▸ **PROBLEM REQUIREMENTS**:
Output, without alteration, the first line of the entries and each line after it, stopping with the line that contains "-- One answer".

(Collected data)
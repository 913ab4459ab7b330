-- ===== src/Execution/Filter/Rows.antt =====
-- The rows that come out of a filter, and that its calls come to the `None`.
use tiny_olap.Base.{
  ℕ, zero, suc, ◌<◌, List, [], ◌∷◌, ◌++◌, map, flatten, ◌≡◌, refl, sym, ap, ◌∙◌, true, false,
  length, ltb, Option, none, some, ok, err, panic, stuck, ◌>>=◌, if◌then◌else◌, Bool-cases, inl,
  inr, All, arith,
}
use tiny_olap.Physical.Plan.{PhysicalExpr}
use tiny_olap.Execution.Batch.{Arrow, Batch, Mask, Outcome}
use tiny_olap.Execution.Predicate.{evaluate_predicate}
use tiny_olap.Execution.Filter.{FilterExec, filter_batch, answer_or_later, pull, next_batch}

-- The rows at which a mask is true.
unfoldable pub kept_rows : {Row : Type 0} → Mask → List Row → List Row
kept_rows [] rows = []
kept_rows (m ∷ mask) [] = []
kept_rows (m ∷ mask) (row ∷ rows) = let rest = kept_rows mask rows in if m then row ∷ rest else rest

-- What arrow documents of `filter_record_batch` and `num_rows`.
pub record IsFilter {Row : Type 0} (rows : Batch → List Row)
    (filter_record_batch : Batch → Mask → Outcome Batch) (num_rows : Batch → ℕ) : Type 0 where
  pub kept :
      (b : Batch) (mask : Mask)
      → length mask ≡ length (rows b)
      → (f : Batch) × (filter_record_batch b mask ≡ ok f) × (rows f ≡ kept_rows mask (rows b))
  pub counted : (b : Batch) → num_rows b ≡ length (rows b)

module _ (arrow : Arrow) (filter_record_batch : Batch → Mask → Outcome Batch) (num_rows : Batch → ℕ)
    {Row : Type 0} (rows : Batch → List Row) (laws : IsFilter rows filter_record_batch num_rows)
    (predicate : PhysicalExpr) where
  -- The predicate has a mask on the batch, with one truth value for each row.
  pub record HasMask (b : Batch) : Type 0 where
    pub mask : Mask
    pub evaluated : evaluate_predicate arrow predicate b ≡ ok mask
    pub full : length mask ≡ length (rows b)

  -- The rows of the batches at which their masks are true.
  abbrev pub selected : (bs : List Batch) → All HasMask bs → List Row
  selected [] h = []
  selected (b ∷ bs) (hb, h) = kept_rows hb.mask (rows b) ++ selected bs h

  -- One answer before the later ones; an error ends them.
  collect : Option (Outcome Batch) → Outcome (List Batch) → Outcome (List Batch)
  collect none rest = ok []
  collect (some (ok b)) rest = rest >>= λ bs. ok (b ∷ bs)
  collect (some (err e)) rest = err e
  collect (some panic) rest = panic
  collect (some stuck) rest = stuck

  -- All answers until the `None`.
  unfoldable pub answers : ℕ → FilterExec → Outcome (List Batch)
  unfolding collect
  answers zero s = stuck
  answers (suc fuel) s =
      let rest = answers fuel (next_batch arrow filter_record_batch num_rows s).1 in
      collect (next_batch arrow filter_record_batch num_rows s).0 rest

  abbrev pub state : List Batch → FilterExec
  state bs = record { predicate = predicate; child = map (λ b. ok b) bs }

  filter_batch-kept :
      (b : Batch) (h : HasMask b)
      → (f : Batch) × (filter_batch arrow filter_record_batch num_rows predicate b ≡ ok f)
        × (rows f ≡ kept_rows h.mask (rows b))
  unfolding filter_batch
  filter_batch-kept b h =
      let (f, e, same) = laws.kept b h.mask h.full in (f, rw (h.evaluated, e) refl, same)

  -- An empty batch is passed over.
  pull-empty :
      (b f : Batch) (bs : List Batch)
      → filter_batch arrow filter_record_batch num_rows predicate b ≡ ok f
      → ltb 0 (num_rows f) ≡ false
      → next_batch arrow filter_record_batch num_rows (state (b ∷ bs))
        ≡ next_batch arrow filter_record_batch num_rows (state bs)
  unfolding next_batch pull answer_or_later
  pull-empty b f bs e empty = rw (e, empty) refl

  pull-rows :
      (b f : Batch) (bs : List Batch)
      → filter_batch arrow filter_record_batch num_rows predicate b ≡ ok f
      → ltb 0 (num_rows f) ≡ true
      → next_batch arrow filter_record_batch num_rows (state (b ∷ bs)) ≡ (some (ok f), state bs)
  unfolding next_batch pull answer_or_later
  pull-rows b f bs e some_row = rw (e, some_row) refl

  no_rows : (f : Batch) → ltb 0 (num_rows f) ≡ false → rows f ≡ []
  no_rows f empty = nothing (rows f) (rw (laws.counted f) at empty)
    where
      nothing : (xs : List Row) → ltb 0 (length xs) ≡ false → xs ≡ []
      nothing [] e = refl
      nothing (x ∷ xs) e = absurd (positive (length xs) e)
        where
          positive : (n : ℕ) → ltb 0 (suc n) ≡ false → ⊥
          positive n e = ground arith

  no_answer : (fuel : ℕ) → answers (suc fuel) (state []) ≡ ok []
  unfolding answers next_batch pull
  no_answer fuel = refl

  call :
      (fuel : ℕ) (s : FilterExec) (r : Option (Outcome Batch) × FilterExec)
      → next_batch arrow filter_record_batch num_rows s ≡ r
      → answers (suc fuel) s ≡ collect r.0 (answers fuel r.1)
  unfolding answers collect
  call fuel s r e = ap (λ r. collect r.0 (answers fuel r.1)) e

  answers_lem :
      (fuel : ℕ) (bs : List Batch) (h : All HasMask bs)
      → length bs < fuel
      → (fs : List Batch) × (answers fuel (state bs) ≡ ok fs)
        × (flatten (map rows fs) ≡ selected bs h)
        × All (λ f. 0 < num_rows f) fs
  unfolding answers
  answers_lem zero bs h enough = absurd (omega arith)
  answers_lem (suc fuel) [] h enough = ([], no_answer fuel, refl, tt)
  answers_lem (suc fuel) (b ∷ bs) (hb, h) enough =
      let (f, e, same) = filter_batch-kept b hb in
      elim (Bool-cases (ltb 0 (num_rows f))) [
        | inl some_row ↦
            let (fs, e', rest, all_rows) = answers_lem fuel bs h (omega arith) in
            (
              f ∷ fs,
              call fuel (state (b ∷ bs)) (some (ok f), state bs) (pull-rows b f bs e some_row)
                  ∙ unfold collect in ap (λ m. m >>= λ gs. ok (f ∷ gs)) e',
              rw (same, rest) refl,
              (ground arith, all_rows),
            )
        | inr empty ↦
            let (fs, e', rest, all_rows) = answers_lem (suc fuel) bs h (omega arith) in
            (
              fs,
              call fuel (state (b ∷ bs)) (next_batch arrow filter_record_batch num_rows (state bs))
                    (pull-empty b f bs e empty)
                  ∙ e',
              rest ∙ ap (λ t. t ++ selected bs h) (sym (no_rows f empty) ∙ same),
              all_rows,
            )
      ]

  -- Over a child whose batches have masks, the calls of the filter come to the `None`, every answer
  -- before it is a batch with a row, and the rows are those at which the masks are true, in order.
  pub answers-selected :
      (bs : List Batch) (h : All HasMask bs)
      → (fs : List Batch) × (answers (suc (length bs)) (state bs) ≡ ok fs)
        × (flatten (map rows fs) ≡ selected bs h)
        × All (λ f. 0 < num_rows f) fs
  answers-selected bs h = answers_lem (suc (length bs)) bs h (omega arith)
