-- ===== src/Execution/Project.antt =====
-- tinyolap/src/execution/project.rs: the columns that the projections name. A child is the batches, or
-- errors, that its calls give before the `None`.
pub mod Columns
use tiny_olap.Base.{ℕ, List, [], ◌∷◌, Option, none, some, ok, err, panic, stuck, ◌>>=◌}
use tiny_olap.Catalog.{Name}
use tiny_olap.Physical.Plan.{PhysicalExpr, compare_with, logical, column_ref, constant}
use tiny_olap.Execution.Batch.{Batch, Outcome, invalid_data}

pub record ProjectExec : Type 0 where
  pub projections : List PhysicalExpr
  pub child : List (Outcome Batch)

-- `index_of` of the schema and `project` of the batch are arrow's.
module _ (index_of : Batch → Name → Outcome ℕ) (project : Batch → List ℕ → Outcome Batch) where
  unfoldable pub projection_index : Batch → PhysicalExpr → Outcome ℕ
  projection_index batch (column_ref name) = index_of batch name
  projection_index batch (compare_with left op right) = err invalid_data
  projection_index batch (logical left op right) = err invalid_data
  projection_index batch (constant v) = err invalid_data

  -- `collect` ends with the first error.
  unfoldable pub projection_indices : Batch → List PhysicalExpr → Outcome (List ℕ)
  projection_indices batch [] = ok []
  projection_indices batch (e ∷ es) = do
    i ← projection_index batch e
    is ← projection_indices batch es
    ok (i ∷ is)

  unfoldable pub pull :
      List PhysicalExpr → List (Outcome Batch) → Option (Outcome Batch) × ProjectExec
  pull projections [] = (none, record { projections = projections; child = [] })
  pull projections (ok batch ∷ rest) = (
    some (projection_indices batch projections >>= λ indices. project batch indices),
    record { projections = projections; child = rest },
  )
  pull projections (err e ∷ rest) =
      (some (err e), record { projections = projections; child = rest })
  pull projections (panic ∷ rest) = (some panic, record { projections = projections; child = rest })
  pull projections (stuck ∷ rest) = (some stuck, record { projections = projections; child = rest })

  unfoldable pub next_batch : ProjectExec → Option (Outcome Batch) × ProjectExec
  next_batch s = pull s.projections s.child
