-- ===== src/Execution/Project/Columns.antt =====
-- A projection of column names gives the columns of these names, in the order of the names.
use tiny_olap.Base.{
  ℕ, List, [], ◌∷◌, map, ◌≡◌, refl, ◌⊎◌, inl, inr, Bool-cases, bytes_eq, some, get_elem?, ok, err,
  ◌>>=◌,
}
use tiny_olap.Catalog.{Name}
use tiny_olap.Physical.Plan.{column_ref}
use tiny_olap.Execution.Batch.{Cells, Batch, ExecutionError, Outcome, arrow_error, column_named}
use tiny_olap.Execution.Project.{projection_index, projection_indices, pull, next_batch}

-- The columns of the names, up to the first name that is missing.
unfoldable pub columns_named : List Name → Batch → Outcome Batch
columns_named [] batch = ok []
columns_named (name ∷ names) batch = do
  cells ← column_named name batch
  rest ← columns_named names batch
  ok ((name, cells) ∷ rest)

-- The columns at the indices.
unfoldable pub Picked : Batch → List ℕ → Batch → Type 0
Picked batch [] [] = Unit
Picked batch [] (col ∷ cols) = ⊥
Picked batch (i ∷ is) [] = ⊥
Picked batch (i ∷ is) (col ∷ cols) = (get_elem? batch i ≡ some col) × Picked batch is cols

-- What arrow documents: `index_of` finds the first column of the name, or is an error, and `project`
-- takes the columns at the indices.
pub record IsProject (index_of : Batch → Name → Outcome ℕ)
    (project : Batch → List ℕ → Outcome Batch) : Type 0 where
  pub found :
      (b : Batch) (name : Name) (cells : Cells)
      → column_named name b ≡ ok cells
      → (i : ℕ) × (index_of b name ≡ ok i) × (get_elem? b i ≡ some (name, cells))
  pub missing :
      (b : Batch) (name : Name) (e : ExecutionError)
      → column_named name b ≡ err e
      → index_of b name ≡ err e
  pub picked : (b : Batch) (is : List ℕ) (cols : Batch) → Picked b is cols → project b is ≡ ok cols

column_named_cases :
    (name : Name) (b : Batch)
    → ((cells : Cells) × (column_named name b ≡ ok cells)) ⊎ (column_named name b ≡ err arrow_error)
unfolding column_named
column_named_cases name [] = inr refl
column_named_cases name ((n, cells) ∷ rest) = elim (Bool-cases (bytes_eq n name)) [
  | inl same ↦ inl (cells, rw same refl)
  | inr other ↦ rw other (column_named_cases name rest)
]

module _ (index_of : Batch → Name → Outcome ℕ) (project : Batch → List ℕ → Outcome Batch)
    (laws : IsProject index_of project) where
  indices_cases :
      (b : Batch) (names : List Name)
      → ((is : List ℕ) × (cols : Batch) × (projection_indices index_of project b
              (map (λ n. column_ref n) names)
            ≡ ok is)
          × (columns_named names b ≡ ok cols)
          × Picked b is cols)
        ⊎ ((projection_indices index_of project b (map (λ n. column_ref n) names) ≡ err arrow_error)
            × (columns_named names b ≡ err arrow_error))
  unfolding projection_indices projection_index columns_named Picked
  indices_cases b [] = inl ([], [], refl, refl, tt)
  indices_cases b (name ∷ names) = elim (column_named_cases name b) [
    | inr absent ↦ inr (rw (laws.missing b name arrow_error absent) refl, rw absent refl)
    | inl (cells, present) ↦
        let (i, e, col) = laws.found b name cells present in
        elim (indices_cases b names) [
          | inl (is, cols, es, named, all) ↦
              inl (
                i ∷ is,
                (name, cells) ∷ cols,
                rw (e, es) refl,
                rw (present, named) refl,
                (col, all),
              )
          | inr (es, named) ↦ inr (rw (e, es) refl, rw (present, named) refl)
        ]
  ]

  -- A projection of column names answers every batch with the columns of these names, in the order
  -- of the names, or with arrow's error when one is missing; the rest of the child is untouched.
  pub next_batch-columns_named :
      (names : List Name) (b : Batch) (rest : List (Outcome Batch))
      → next_batch index_of project
          (record { projections = map (λ n. column_ref n) names; child = ok b ∷ rest })
        ≡ (
          some (columns_named names b),
          record { projections = map (λ n. column_ref n) names; child = rest },
        )
  unfolding next_batch pull
  next_batch-columns_named names b rest = elim (indices_cases b names) [
    | inl (is, cols, es, named, all) ↦ rw (es, named, laws.picked b is cols all) refl
    | inr (es, named) ↦ rw (es, named) refl
  ]
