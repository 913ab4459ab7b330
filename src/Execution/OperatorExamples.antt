-- ===== src/Execution/OperatorExamples.antt =====
-- The theorems of the filter and of the projection at concrete inputs.
use tiny_olap.Base.{
  ℕ, suc, ◌<◌, List, [], ◌∷◌, map, flatten, ◌≡◌, refl, ap, Bool, true, false, length, Option, none,
  some, get_elem?, All, bytes_eq, bytes_eq→eq, if◌then◌else◌, Bool-cases, inl, inr, ok, err, panic,
  ◌>>=◌, arith,
}
use tiny_olap.Base.Int.{pos, ltb_ℤ}
use tiny_olap.Catalog.{Name, i32, TableSchema}
use tiny_olap.Logical.Plan.{sum}
use tiny_olap.Execution.Builder.WellTyped.{WellTyped}
use tiny_olap.Physical.Plan.{AggSpec, PhysicalPlan, full_scan, filter_by, hash_aggregate, limit_to}
use tiny_olap.Physical.Plan.{
  LiteralValue, i64_value, CmpOp, cmp_gt, PhysicalExpr, column_ref, constant, compare_with,
}
use tiny_olap.Execution.Batch.{
  ExecutionError, arrow_error, Cells, Batch, Mask, Outcome, ColumnarValue, array, scalar, Arrow,
  column_named,
}
use tiny_olap.Execution.Predicate.{evaluate_operand, to_arrow_datum, evaluate_predicate}
use tiny_olap.Execution.Filter.Rows.{
  kept_rows, IsFilter, HasMask, selected, answers, state, answers-selected,
}
use tiny_olap.Execution.Project as Project
use tiny_olap.Execution.Project.Columns.{columns_named, Picked, IsProject, next_batch-columns_named}

above : LiteralValue → LiteralValue → Bool
above (i64_value a) (i64_value b) = ltb_ℤ b a
above a b = false

compare_cells : CmpOp → ColumnarValue → ColumnarValue → Outcome Mask
compare_cells op (array cells) (scalar v) = ok (map (λ c. above c v) cells)
compare_cells op l r = err arrow_error

-- A kernel that knows `>` alone.
abbrev gt_kernel : Arrow
gt_kernel = record { compare_values = compare_cells; connect_masks = λ op l r. err arrow_error }

-- A row is the cell of the first column.
abbrev first_column : Batch → Cells
first_column [] = []
first_column ((name, cells) ∷ rest) = cells

abbrev filter_columns : Batch → Mask → Outcome Batch
filter_columns batch mask = ok (map (λ col. (col.0, kept_rows mask col.1)) batch)

abbrev row_count : Batch → ℕ
row_count batch = length (first_column batch)

filter_columns-IsFilter : IsFilter first_column filter_columns row_count
filter_columns-IsFilter = record {
  kept = λ b mask h. (map (λ col. (col.0, kept_rows mask col.1)) b, refl, kept_first b mask h);
  counted = λ b. refl;
}
  where
    kept_first :
        (b : Batch) (mask : Mask)
        → length mask ≡ length (first_column b)
        → first_column (map (λ col. (col.0, kept_rows mask col.1)) b)
          ≡ kept_rows mask (first_column b)
    kept_first [] [] h = unfold kept_rows in refl
    kept_first [] (m ∷ mask) h = absurd (omega arith)
    kept_first ((name, cells) ∷ rest) mask h = refl

abbrev x_gt_4 : PhysicalExpr
x_gt_4 = compare_with (column_ref (120 ∷ [])) cmp_gt (constant (i64_value (pos 4)))

abbrev low_batch : Batch
low_batch = (120 ∷ [], i64_value (pos 3) ∷ []) ∷ []

abbrev mixed_batch : Batch
mixed_batch = (120 ∷ [], i64_value (pos 1) ∷ i64_value (pos 9) ∷ []) ∷ []

low_mask :
    HasMask gt_kernel filter_columns row_count first_column filter_columns-IsFilter x_gt_4 low_batch
low_mask = record { mask = false ∷ []; evaluated = evaluated; full = refl }
  where
    evaluated : evaluate_predicate gt_kernel x_gt_4 low_batch ≡ ok (false ∷ [])
    evaluated =
        unfold evaluate_predicate in
        unfold evaluate_operand in
        unfold to_arrow_datum in
        unfold column_named in unfold bytes_eq in unfold compare_cells in unfold above in refl

mixed_mask :
    HasMask gt_kernel filter_columns row_count first_column filter_columns-IsFilter x_gt_4
      mixed_batch
mixed_mask = record { mask = false ∷ true ∷ []; evaluated = evaluated; full = refl }
  where
    evaluated : evaluate_predicate gt_kernel x_gt_4 mixed_batch ≡ ok (false ∷ true ∷ [])
    evaluated =
        unfold evaluate_predicate in
        unfold evaluate_operand in
        unfold to_arrow_datum in
        unfold column_named in unfold bytes_eq in unfold compare_cells in unfold above in refl

-- A batch of which nothing is left, and one of which a row is.
abbrev two_batches : List Batch
two_batches = low_batch ∷ mixed_batch ∷ []

answers-selected_example :
    (fs : List Batch) × (answers gt_kernel filter_columns row_count first_column
        filter_columns-IsFilter x_gt_4 3
        (state gt_kernel filter_columns row_count first_column filter_columns-IsFilter x_gt_4
          two_batches)
      ≡ ok fs)
    × (flatten (map first_column fs)
        ≡ selected gt_kernel filter_columns row_count first_column filter_columns-IsFilter x_gt_4
            two_batches
            (low_mask, (mixed_mask, tt)))
    × All (λ f. 0 < row_count f) fs
answers-selected_example =
    answers-selected gt_kernel filter_columns row_count first_column filter_columns-IsFilter x_gt_4
      two_batches (low_mask, (mixed_mask, tt))

position : Batch → Name → Outcome ℕ
position [] name = err arrow_error
position ((n, cells) ∷ rest) name =
    let later = position rest name in if bytes_eq n name then ok 0 else (later >>= λ i. ok (suc i))

picked_column : Option (Name × Cells) → Outcome Batch → Outcome Batch
picked_column none rest = panic
picked_column (some col) rest = rest >>= λ cols. ok (col ∷ cols)

pick : Batch → List ℕ → Outcome Batch
unfolding picked_column
pick batch [] = ok []
pick batch (i ∷ is) = picked_column (get_elem? batch i) (pick batch is)

position_found :
    (b : Batch) (name : Name) (cells : Cells)
    → column_named name b ≡ ok cells
    → (i : ℕ) × (position b name ≡ ok i) × (get_elem? b i ≡ some (name, cells))
unfolding position column_named
position_found [] name cells h = cc
position_found ((n, held) ∷ rest) name cells h = elim (Bool-cases (bytes_eq n name)) [
  | inl same ↦
      let is_name : n ≡ name = bytes_eq→eq n name same in
      let is_held : held ≡ cells = the_cells held cells refl (rw same at h) in
      (0, rw same refl, rw (is_name, is_held) refl)
  | inr other ↦
      let (i, e, found) = position_found rest name cells (rw other at h) in
      (suc i, rw (other, e) refl, found)
]
  where
    the_cells : (a b : Cells) {m : Outcome Cells} → m ≡ ok a → m ≡ ok b → a ≡ b
    the_cells a b e e' = cc

position_missing :
    (b : Batch) (name : Name) (e : ExecutionError)
    → column_named name b ≡ err e
    → position b name ≡ err e
unfolding position column_named
position_missing [] name e h = let same : arrow_error ≡ e = cc in ap (λ x. err x) same
position_missing ((n, held) ∷ rest) name e h = elim (Bool-cases (bytes_eq n name)) [
  | inl same ↦ absurd (never held refl (rw same at h))
  | inr other ↦ rw (other, position_missing rest name e (rw other at h)) refl
]
  where
    never : (a : Cells) {m : Outcome Cells} → m ≡ ok a → m ≡ err e → ⊥
    never a h k = cc

pick-Picked : (b : Batch) (is : List ℕ) (cols : Batch) → Picked b is cols → pick b is ≡ ok cols
unfolding pick picked_column Picked
pick-Picked b [] [] h = refl
pick-Picked b [] (col ∷ cols) h = absurd h
pick-Picked b (i ∷ is) [] h = absurd h
pick-Picked b (i ∷ is) (col ∷ cols) (first, h) = rw (first, pick-Picked b is cols h) refl

pick-IsProject : IsProject position pick
pick-IsProject = record { found = position_found; missing = position_missing; picked = pick-Picked }

abbrev two_columns : Batch
two_columns = (97 ∷ [], []) ∷ (98 ∷ [], []) ∷ []

next_batch-columns_named_example :
    Project.next_batch position pick (record {
      projections = column_ref (98 ∷ []) ∷ column_ref (97 ∷ []) ∷ [];
      child = ok two_columns ∷ [];
    })
    ≡ (
      some (columns_named ((98 ∷ []) ∷ (97 ∷ []) ∷ []) two_columns),
      record { projections = column_ref (98 ∷ []) ∷ column_ref (97 ∷ []) ∷ []; child = [] },
    )
next_batch-columns_named_example =
    next_batch-columns_named position pick pick-IsProject ((98 ∷ []) ∷ (97 ∷ []) ∷ []) two_columns
      []

abbrev x_schema : TableSchema
x_schema = record {
  name = 116 ∷ [];
  columns = record { name = 120 ∷ []; data_type = i32 } ∷ [];
  sort_key = [];
}

abbrev x_spec : AggSpec
x_spec = record { func = sum; arg = column_ref (120 ∷ []); output_name = 115 ∷ [] }

-- SELECT SUM(x) FROM t WHERE x > 4 GROUP BY x LIMIT 5.
abbrev sum_plan : PhysicalPlan
sum_plan = limit_to 5 (
    hash_aggregate (column_ref (120 ∷ []) ∷ []) (x_spec ∷ [])
      (filter_by x_gt_4 (full_scan (116 ∷ []) ((120 ∷ []) ∷ []))))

▸ **EXERCISE ANSWER**:
repository 913ab4459ab7b330
-- ===== src/Execution/Filter/Rows.antt =====
-- The rows that come out of a filter, and that its calls come to the `None`.
use tiny_olap.Base.{
  ℕ, zero, suc, ◌<◌, List, [], ◌∷◌, ◌++◌, map, flatten, ◌≡◌, refl, sym, ap, ◌∙◌, true, false,
  length, ltb, Option, none, some, ok, err, panic, stuck, ◌>>=◌, if◌then◌else◌, Bool-cases, inl,
  inr, All, arith,
}
use tiny_olap.Physical.Plan.{PhysicalExpr}
use tiny_olap.Execution.Batch.{Arrow, Batch, Mask, Outcome}
use tiny_olap.Execution.Predicate.{evaluate_predicate}
use tiny_olap.Execution.Filter.{FilterExec, filter_batch, answer_or_later, pull, next_batch}

-- The rows at which a mask is true.
unfoldable pub kept_rows : {Row : Type 0} → Mask → List Row → List Row
kept_rows [] rows = []
kept_rows (m ∷ mask) [] = []
kept_rows (m ∷ mask) (row ∷ rows) = let rest = kept_rows mask rows in if m then row ∷ rest else rest

-- What arrow documents of `filter_record_batch` and `num_rows`.
pub record IsFilter {Row : Type 0} (rows : Batch → List Row)
    (filter_record_batch : Batch → Mask → Outcome Batch) (num_rows : Batch → ℕ) : Type 0 where
  pub kept :
      (b : Batch) (mask : Mask)
      → length mask ≡ length (rows b)
      → (f : Batch) × (filter_record_batch b mask ≡ ok f) × (rows f ≡ kept_rows mask (rows b))
  pub counted : (b : Batch) → num_rows b ≡ length (rows b)

module _ (arrow : Arrow) (filter_record_batch : Batch → Mask → Outcome Batch) (num_rows : Batch → ℕ)
    {Row : Type 0} (rows : Batch → List Row) (laws : IsFilter rows filter_record_batch num_rows)
    (predicate : PhysicalExpr) where
  -- The predicate has a mask on the batch, with one truth value for each row.
  pub record HasMask (b : Batch) : Type 0 where
    pub mask : Mask
    pub evaluated : evaluate_predicate arrow predicate b ≡ ok mask
    pub full : length mask ≡ length (rows b)

  -- The rows of the batches at which their masks are true.
  abbrev pub selected : (bs : List Batch) → All HasMask bs → List Row
  selected [] h = []
  selected (b ∷ bs) (hb, h) = kept_rows hb.mask (rows b) ++ selected bs h

  -- One answer before the later ones; an error ends them.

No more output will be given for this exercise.